● Your assignment
Lines of the data that contain the word "modify" are the ones to copy.

● Data provided

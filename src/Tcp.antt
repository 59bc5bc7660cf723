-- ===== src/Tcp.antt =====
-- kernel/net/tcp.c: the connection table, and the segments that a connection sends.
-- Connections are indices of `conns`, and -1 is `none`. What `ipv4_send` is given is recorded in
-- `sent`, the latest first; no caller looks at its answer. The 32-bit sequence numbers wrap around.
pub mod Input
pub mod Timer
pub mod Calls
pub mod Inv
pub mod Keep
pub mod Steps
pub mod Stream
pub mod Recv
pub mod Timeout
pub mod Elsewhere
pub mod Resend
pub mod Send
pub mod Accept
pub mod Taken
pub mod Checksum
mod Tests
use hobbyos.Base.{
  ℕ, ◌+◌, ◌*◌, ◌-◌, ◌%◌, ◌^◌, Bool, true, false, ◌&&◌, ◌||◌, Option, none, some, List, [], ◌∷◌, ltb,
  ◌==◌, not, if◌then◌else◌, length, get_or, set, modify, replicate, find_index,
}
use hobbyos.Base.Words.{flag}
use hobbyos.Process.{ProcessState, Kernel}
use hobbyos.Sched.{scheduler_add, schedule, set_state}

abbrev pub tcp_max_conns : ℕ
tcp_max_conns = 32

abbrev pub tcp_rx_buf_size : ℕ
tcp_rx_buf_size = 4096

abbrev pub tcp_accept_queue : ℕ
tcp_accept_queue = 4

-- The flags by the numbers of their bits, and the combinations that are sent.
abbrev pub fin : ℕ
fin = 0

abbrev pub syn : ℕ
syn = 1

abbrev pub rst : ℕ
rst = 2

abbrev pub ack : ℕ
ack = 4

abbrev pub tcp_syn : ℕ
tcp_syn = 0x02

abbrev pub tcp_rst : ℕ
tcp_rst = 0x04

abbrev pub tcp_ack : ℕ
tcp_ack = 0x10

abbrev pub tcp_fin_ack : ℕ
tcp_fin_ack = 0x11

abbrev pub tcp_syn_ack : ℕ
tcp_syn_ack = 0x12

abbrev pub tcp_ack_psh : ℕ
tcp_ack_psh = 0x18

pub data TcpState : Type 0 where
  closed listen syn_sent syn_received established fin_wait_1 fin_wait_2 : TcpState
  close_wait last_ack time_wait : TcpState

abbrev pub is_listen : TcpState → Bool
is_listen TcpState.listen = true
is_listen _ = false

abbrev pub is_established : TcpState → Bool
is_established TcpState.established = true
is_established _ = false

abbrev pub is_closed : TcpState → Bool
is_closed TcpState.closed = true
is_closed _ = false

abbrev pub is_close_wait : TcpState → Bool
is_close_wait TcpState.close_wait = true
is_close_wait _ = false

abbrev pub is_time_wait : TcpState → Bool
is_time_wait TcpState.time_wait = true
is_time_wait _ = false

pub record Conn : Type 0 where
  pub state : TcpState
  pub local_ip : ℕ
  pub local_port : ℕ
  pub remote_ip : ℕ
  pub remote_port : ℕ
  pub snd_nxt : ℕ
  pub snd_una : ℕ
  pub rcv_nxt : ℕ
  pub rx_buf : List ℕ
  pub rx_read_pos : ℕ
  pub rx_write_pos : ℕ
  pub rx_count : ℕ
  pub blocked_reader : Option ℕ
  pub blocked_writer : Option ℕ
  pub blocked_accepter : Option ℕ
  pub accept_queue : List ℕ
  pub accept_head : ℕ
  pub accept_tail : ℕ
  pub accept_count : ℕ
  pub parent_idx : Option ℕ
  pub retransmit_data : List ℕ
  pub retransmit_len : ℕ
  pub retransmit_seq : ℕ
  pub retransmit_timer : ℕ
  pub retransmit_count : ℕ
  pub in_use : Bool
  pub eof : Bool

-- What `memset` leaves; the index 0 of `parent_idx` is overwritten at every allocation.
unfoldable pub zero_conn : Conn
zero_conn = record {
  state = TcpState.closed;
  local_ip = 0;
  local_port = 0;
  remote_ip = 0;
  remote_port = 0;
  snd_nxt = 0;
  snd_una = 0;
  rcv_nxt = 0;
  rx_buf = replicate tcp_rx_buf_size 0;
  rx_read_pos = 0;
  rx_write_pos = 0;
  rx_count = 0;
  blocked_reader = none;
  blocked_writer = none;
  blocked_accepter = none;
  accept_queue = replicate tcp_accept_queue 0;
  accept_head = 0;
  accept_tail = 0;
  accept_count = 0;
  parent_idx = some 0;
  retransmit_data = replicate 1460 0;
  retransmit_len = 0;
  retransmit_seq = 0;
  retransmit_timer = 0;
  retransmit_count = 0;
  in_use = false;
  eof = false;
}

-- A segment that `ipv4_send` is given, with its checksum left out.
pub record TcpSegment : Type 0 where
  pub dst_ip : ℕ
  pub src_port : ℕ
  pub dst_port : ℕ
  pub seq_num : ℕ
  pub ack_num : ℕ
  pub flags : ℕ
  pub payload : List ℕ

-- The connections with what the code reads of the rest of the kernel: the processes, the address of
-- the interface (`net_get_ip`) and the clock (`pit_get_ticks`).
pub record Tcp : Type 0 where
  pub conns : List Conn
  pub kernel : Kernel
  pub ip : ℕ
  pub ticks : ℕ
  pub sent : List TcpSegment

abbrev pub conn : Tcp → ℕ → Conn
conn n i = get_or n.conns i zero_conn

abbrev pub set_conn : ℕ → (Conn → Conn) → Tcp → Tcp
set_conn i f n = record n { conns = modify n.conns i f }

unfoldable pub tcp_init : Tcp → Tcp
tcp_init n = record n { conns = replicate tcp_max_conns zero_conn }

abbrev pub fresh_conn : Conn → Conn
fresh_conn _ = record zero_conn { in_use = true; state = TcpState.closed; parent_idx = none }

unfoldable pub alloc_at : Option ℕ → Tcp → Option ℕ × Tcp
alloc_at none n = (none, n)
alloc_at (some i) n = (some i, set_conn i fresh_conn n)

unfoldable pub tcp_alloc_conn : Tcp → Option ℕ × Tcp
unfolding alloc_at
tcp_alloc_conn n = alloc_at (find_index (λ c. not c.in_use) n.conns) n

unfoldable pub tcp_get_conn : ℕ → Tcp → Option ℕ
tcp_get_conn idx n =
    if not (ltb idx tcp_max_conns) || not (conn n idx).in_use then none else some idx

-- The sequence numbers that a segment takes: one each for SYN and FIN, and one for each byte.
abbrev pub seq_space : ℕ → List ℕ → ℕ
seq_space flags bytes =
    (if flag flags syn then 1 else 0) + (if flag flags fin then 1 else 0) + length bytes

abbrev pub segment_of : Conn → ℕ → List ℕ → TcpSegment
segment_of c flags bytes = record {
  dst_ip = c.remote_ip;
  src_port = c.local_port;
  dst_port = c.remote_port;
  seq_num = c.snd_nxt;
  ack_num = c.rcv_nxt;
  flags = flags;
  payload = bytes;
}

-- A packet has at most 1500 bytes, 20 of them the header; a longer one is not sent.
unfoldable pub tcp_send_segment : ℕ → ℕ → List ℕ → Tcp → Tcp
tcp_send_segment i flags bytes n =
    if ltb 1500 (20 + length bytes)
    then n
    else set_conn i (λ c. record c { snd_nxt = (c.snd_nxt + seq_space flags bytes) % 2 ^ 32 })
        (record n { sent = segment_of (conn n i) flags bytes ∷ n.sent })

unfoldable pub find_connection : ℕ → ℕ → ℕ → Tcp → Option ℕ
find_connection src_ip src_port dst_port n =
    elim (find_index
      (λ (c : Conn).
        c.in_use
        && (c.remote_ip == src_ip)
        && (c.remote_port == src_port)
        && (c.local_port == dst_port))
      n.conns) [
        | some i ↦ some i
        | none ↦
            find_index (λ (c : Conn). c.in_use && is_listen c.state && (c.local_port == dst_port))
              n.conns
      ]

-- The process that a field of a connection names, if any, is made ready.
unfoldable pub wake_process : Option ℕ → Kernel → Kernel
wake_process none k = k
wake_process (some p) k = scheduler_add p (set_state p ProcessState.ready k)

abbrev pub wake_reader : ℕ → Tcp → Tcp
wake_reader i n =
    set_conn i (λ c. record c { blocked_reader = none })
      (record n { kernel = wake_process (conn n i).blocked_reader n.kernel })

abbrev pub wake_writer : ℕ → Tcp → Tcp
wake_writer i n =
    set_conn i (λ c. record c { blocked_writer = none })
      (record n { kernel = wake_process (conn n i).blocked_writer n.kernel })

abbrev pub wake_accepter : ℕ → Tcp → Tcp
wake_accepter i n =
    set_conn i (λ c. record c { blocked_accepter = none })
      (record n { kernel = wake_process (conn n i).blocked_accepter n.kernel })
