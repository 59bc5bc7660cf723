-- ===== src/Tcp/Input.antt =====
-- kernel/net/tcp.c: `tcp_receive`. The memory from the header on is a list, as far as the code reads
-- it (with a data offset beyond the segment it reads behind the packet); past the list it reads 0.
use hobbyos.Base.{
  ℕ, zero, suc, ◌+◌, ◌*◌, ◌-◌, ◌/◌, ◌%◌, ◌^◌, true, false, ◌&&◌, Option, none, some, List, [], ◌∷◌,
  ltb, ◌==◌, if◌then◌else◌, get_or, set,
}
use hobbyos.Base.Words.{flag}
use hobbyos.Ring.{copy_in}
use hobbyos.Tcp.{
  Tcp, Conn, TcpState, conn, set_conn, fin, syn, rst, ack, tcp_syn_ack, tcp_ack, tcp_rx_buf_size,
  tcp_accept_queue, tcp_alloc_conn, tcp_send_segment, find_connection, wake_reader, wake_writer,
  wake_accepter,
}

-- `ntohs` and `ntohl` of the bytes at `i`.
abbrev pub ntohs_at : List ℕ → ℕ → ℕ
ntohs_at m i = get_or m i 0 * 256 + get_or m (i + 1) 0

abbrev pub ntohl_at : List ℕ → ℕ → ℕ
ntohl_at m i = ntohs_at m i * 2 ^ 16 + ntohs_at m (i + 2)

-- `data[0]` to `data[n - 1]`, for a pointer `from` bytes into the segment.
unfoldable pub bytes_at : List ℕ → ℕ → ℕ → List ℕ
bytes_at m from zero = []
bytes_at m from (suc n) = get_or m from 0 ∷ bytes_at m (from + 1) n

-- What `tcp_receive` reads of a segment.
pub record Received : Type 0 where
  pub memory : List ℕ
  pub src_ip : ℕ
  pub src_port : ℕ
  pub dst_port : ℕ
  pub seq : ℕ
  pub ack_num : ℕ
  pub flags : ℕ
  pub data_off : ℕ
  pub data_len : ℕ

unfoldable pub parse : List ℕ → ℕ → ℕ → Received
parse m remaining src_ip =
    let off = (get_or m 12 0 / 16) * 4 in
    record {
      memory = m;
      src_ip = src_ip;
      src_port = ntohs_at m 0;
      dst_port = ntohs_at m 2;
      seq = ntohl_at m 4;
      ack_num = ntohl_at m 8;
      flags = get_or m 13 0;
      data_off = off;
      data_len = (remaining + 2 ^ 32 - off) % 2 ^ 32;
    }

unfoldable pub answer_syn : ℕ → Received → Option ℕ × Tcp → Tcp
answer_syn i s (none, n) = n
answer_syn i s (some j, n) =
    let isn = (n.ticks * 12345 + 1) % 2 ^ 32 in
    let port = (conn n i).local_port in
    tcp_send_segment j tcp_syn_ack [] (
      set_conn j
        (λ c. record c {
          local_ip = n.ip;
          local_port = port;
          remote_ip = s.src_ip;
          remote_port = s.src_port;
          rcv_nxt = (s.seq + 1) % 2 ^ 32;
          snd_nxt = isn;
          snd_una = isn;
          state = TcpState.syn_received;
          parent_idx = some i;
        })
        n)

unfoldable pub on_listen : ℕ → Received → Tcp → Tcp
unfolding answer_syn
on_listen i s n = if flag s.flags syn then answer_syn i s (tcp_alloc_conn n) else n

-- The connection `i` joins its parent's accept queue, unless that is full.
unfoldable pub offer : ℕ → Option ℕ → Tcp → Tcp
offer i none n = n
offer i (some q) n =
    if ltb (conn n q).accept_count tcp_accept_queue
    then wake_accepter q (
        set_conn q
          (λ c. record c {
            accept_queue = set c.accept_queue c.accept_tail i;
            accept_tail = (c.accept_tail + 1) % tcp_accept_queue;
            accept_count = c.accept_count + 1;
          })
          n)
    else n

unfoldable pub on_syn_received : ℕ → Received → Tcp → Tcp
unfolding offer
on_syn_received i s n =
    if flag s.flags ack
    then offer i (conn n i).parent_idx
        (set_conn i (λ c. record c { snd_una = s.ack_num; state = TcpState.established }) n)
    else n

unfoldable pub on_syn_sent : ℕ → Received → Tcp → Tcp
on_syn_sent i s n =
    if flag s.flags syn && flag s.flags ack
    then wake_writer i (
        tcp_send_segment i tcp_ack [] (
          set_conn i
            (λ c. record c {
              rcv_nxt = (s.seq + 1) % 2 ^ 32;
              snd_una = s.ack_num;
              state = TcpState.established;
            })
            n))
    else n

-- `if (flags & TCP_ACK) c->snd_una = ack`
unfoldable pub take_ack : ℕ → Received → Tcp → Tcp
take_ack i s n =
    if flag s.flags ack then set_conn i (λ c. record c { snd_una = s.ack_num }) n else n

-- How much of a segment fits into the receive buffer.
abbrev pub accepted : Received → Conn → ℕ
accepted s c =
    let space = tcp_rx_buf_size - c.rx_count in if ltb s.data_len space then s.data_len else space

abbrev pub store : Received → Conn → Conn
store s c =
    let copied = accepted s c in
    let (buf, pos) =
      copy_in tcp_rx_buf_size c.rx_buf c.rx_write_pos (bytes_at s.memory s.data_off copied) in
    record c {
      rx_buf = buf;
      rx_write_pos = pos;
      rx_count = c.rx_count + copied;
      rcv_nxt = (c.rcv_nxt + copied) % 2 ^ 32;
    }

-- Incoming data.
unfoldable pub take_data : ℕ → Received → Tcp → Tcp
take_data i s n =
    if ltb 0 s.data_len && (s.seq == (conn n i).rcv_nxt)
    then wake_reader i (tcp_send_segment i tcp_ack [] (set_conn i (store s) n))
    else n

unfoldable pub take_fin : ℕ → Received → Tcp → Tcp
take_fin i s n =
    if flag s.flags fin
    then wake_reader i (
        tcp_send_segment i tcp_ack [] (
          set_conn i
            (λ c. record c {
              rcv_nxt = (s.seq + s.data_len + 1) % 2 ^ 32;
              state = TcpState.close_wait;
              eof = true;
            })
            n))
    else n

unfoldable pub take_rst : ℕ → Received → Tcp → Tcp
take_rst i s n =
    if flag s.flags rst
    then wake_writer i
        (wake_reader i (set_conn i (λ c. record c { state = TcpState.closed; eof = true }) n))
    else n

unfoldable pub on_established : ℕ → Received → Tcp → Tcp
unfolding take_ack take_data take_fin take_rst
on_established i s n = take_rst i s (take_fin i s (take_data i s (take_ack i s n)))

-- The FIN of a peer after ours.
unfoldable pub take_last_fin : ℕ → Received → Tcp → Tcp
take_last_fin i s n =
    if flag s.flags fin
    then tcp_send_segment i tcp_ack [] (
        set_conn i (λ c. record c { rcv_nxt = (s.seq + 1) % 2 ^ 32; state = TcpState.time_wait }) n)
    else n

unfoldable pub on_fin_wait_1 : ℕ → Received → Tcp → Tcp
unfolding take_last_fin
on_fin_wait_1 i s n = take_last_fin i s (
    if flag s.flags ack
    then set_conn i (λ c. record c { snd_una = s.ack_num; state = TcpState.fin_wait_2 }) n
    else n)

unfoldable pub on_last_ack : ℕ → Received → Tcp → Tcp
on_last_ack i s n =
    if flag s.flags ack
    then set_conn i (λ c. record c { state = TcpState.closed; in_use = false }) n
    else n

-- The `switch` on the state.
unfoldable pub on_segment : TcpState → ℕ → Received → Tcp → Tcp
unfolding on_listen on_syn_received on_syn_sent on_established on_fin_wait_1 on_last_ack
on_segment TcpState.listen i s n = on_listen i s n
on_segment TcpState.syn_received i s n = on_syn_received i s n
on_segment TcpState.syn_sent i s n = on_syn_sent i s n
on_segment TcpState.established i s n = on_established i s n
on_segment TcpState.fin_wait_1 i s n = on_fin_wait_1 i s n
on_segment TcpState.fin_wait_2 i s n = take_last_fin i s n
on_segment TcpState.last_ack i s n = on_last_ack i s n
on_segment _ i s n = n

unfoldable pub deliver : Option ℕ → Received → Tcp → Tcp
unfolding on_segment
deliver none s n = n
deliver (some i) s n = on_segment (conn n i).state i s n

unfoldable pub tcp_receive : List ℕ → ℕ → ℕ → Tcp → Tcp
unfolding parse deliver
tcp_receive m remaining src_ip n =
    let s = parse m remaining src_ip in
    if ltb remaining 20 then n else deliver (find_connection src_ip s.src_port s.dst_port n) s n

● Answer
  ◌==◌, not, if◌then◌else◌, length, get_or, set, modify, replicate, find_index,
set_conn i f n = record n { conns = modify n.conns i f }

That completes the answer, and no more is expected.